The thought of that unwanted situation or event seems to trigger an emotionally charged response. We know from the early stress research of Walter Cannon that our emotions have measurable physiological parameters which can be very stressful.

The biological parameters of anger can include:

  • a change in heart rate,
  • breath rate,
  • hormones,
  • muscle tension, and
  • neurotransmitters etc.

All these parameters, when maintained over time can have negative consequences on our health and well being.

But why do we have that stressful emotionally charged response? We can understand the proximate cause of anger … from a deeper level.

Judgment is a Leading Cause of Anger

Anger is a physiological and emotional response we have when we believe a cherished idea, or concept has been violated.
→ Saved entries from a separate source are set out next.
-- ===== src/RunState/Apply/Accepted.antt =====
-- What an accepted event has passed, and where its state comes from.
use partitur.Prelude.{◌≡◌, refl, Bool, true, false, arith, is_some, ◌⊎◌, inl, inr, subst, sym}
use partitur.Json.{Fields}
use partitur.RunState.Types.{terminal}
use partitur.RunState.Event.{Event, is_derived_event, prepare_pending_mutation}
use partitur.RunState.State.{State}
use partitur.RunState.Action.{Result, ok, err, lift, ◌>>=◌}
use partitur.RunState.Payload.Validate.{validate_payload}
use partitur.RunState.Apply.{dispatch, require_causation, note_applied, project, apply}

-- Its handler has accepted it, and `Apply` adds the note of the event.
pub record Accepted (e : Event) (s : State) : Type 0 where
  pub payload : Fields
  pub validated : validate_payload e ≡ ok payload
  pub barrier : (is_some s.pending_prepare ≡ false) ⊎ (prepare_pending_mutation e.type ≡ true)
  pub handled : (dispatch e.type e payload s).0 ≡ ok tt
  pub result : (apply e s).1 ≡ note_applied e (terminal s.run) (dispatch e.type e payload s).1

-- The note changes nothing else.
pub note_applied_lem :
    (e : Event) (b : Bool) (s : State)
    → note_applied e b s ≡ record s { applied_events = (note_applied e b s).applied_events }
unfolding note_applied
note_applied_lem e b s = ground arith

module _ (e : Event) (s : State) where
  pub state-require_causation : (require_causation e s).1 ≡ s
  unfolding require_causation
  state-require_causation = ground arith

  module _ (p : Fields) (h : (project e p s).0 ≡ ok tt) where
    project_handled : (dispatch e.type e p s).0 ≡ ok tt
    unfolding project
    project_handled = ground (arith, state-require_causation)

    project_barrier : (is_some s.pending_prepare ≡ false) ⊎ (prepare_pending_mutation e.type ≡ true)
    unfolding project
    project_barrier = ground (arith, state-require_causation)

    project_result : (project e p s).1 ≡ note_applied e (terminal s.run) (dispatch e.type e p s).1
    unfolding project
    project_result = ground (arith, state-require_causation)

  -- An accepted event was valid, passed the barrier of a pending prepare, and was accepted by its
  -- handler in the state that it found.
  pub apply-Accepted : (apply e s).0 ≡ ok tt → Accepted e s
  unfolding apply
  apply-Accepted h = go (validate_payload e) refl h
    where
      go :
          (r : Result Fields)
          → validate_payload e ≡ r
          → ((lift r >>= project e) s).0 ≡ ok tt
          → Accepted e s
      go (err x) valid h = absurd (ground arith)
      go (ok p) valid h = record {
        payload = p;
        validated = valid;
        barrier = project_barrier p h;
        handled = project_handled p h;
        result = rw valid (project_result p h);
      }

-- A valid event that is not derived, with no prepare pending, is accepted if its handler does.
project_accepts :
    (e : Event) (p : Fields) (s : State)
    → is_derived_event e.type ≡ false
    → is_some s.pending_prepare ≡ false
    → (dispatch e.type e p s).0 ≡ ok tt
    → (project e p s).0 ≡ ok tt
unfolding project require_causation
project_accepts e p s original free handled = ground arith

pub apply_accepts :
    (e : Event) (p : Fields) (s : State)
    → validate_payload e ≡ ok p
    → is_derived_event e.type ≡ false
    → is_some s.pending_prepare ≡ false
    → (dispatch e.type e p s).0 ≡ ok tt
    → (apply e s).0 ≡ ok tt
unfolding apply
apply_accepts e p s valid original free handled =
    rw valid (project_accepts e p s original free handled)

-- Where the state comes from that is returned, of an accepted or a refused event: the one that
-- was given, the handler's, or the handler's with the note of the event.
pub data Source (e : Event) (s : State) (t : State) : Type 0 where
  given : t ≡ s → Source e s t
  handler : (p : Fields) → t ≡ (dispatch e.type e p s).1 → Source e s t
  noted :
      (p : Fields) → t ≡ note_applied e (terminal s.run) (dispatch e.type e p s).1 → Source e s t

module _ (e : Event) (s : State) where
  project_source :
      (p : Fields)
      → ((project e p s).1 ≡ s)
        ⊎ (((project e p s).1 ≡ (dispatch e.type e p s).1)
            ⊎ ((project e p s).1 ≡ note_applied e (terminal s.run) (dispatch e.type e p s).1))
  unfolding project
  project_source p = ground (arith, state-require_causation e s)

  project-Source : (p : Fields) → Source e s (project e p s).1
  project-Source p = elim (project_source p) [
    | inl same ↦ given same
    | inr (inl h) ↦ handler p h
    | inr (inr h) ↦ noted p h
  ]

  pub apply-Source : Source e s (apply e s).1
  unfolding apply
  apply-Source = go (validate_payload e)
    where
      go : (r : Result Fields) → Source e s ((lift r >>= project e) s).1
      go (ok p) = project-Source p
      go (err x) = given refl

  -- What holds of the state, and that handlers and the note keep, holds of the returned state.
  pub apply-keeps :
      (R : State → Type 0)
      → R s
      → ((p : Fields) → R (dispatch e.type e p s).1)
      → ((b : Bool) (t : State) → R t → R (note_applied e b t))
      → R (apply e s).1
  apply-keeps R old handled note = elim apply-Source [
    | given h ↦ subst R (sym h) old
    | handler p h ↦ subst R (sym h) (handled p)
    | noted p h ↦ subst R (sym h) (note (terminal s.run) (dispatch e.type e p s).1 (handled p))
  ]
  • Perhaps we think someone did not treat us fairly.
  • Perhaps we think someone did something “wrong”.
  • Perhaps our understanding of an agreement was broken.
  • Maybe someone lied to us and we think they shouldn’t have.
  • Something happened which we “think” should not have happened.
  • Or something didn’t happen which we “think” should have happened.

So we have this emotionally charged idea, based on a judgment.

We have decided what “should be” or what “should happen”, and we are playing God.

Does this behavior serve us well?
NO
It usually makes us feel stressed and unhappy.
It also undermines our physical health.

In some ways we love anger. We get to feel justified and self righteous. We create the drama. We take the star role and limelight and we feed our ego with it.

But does anger actually give us the lasting happiness we desire?
NO

Forgiveness, acceptance and peace work better.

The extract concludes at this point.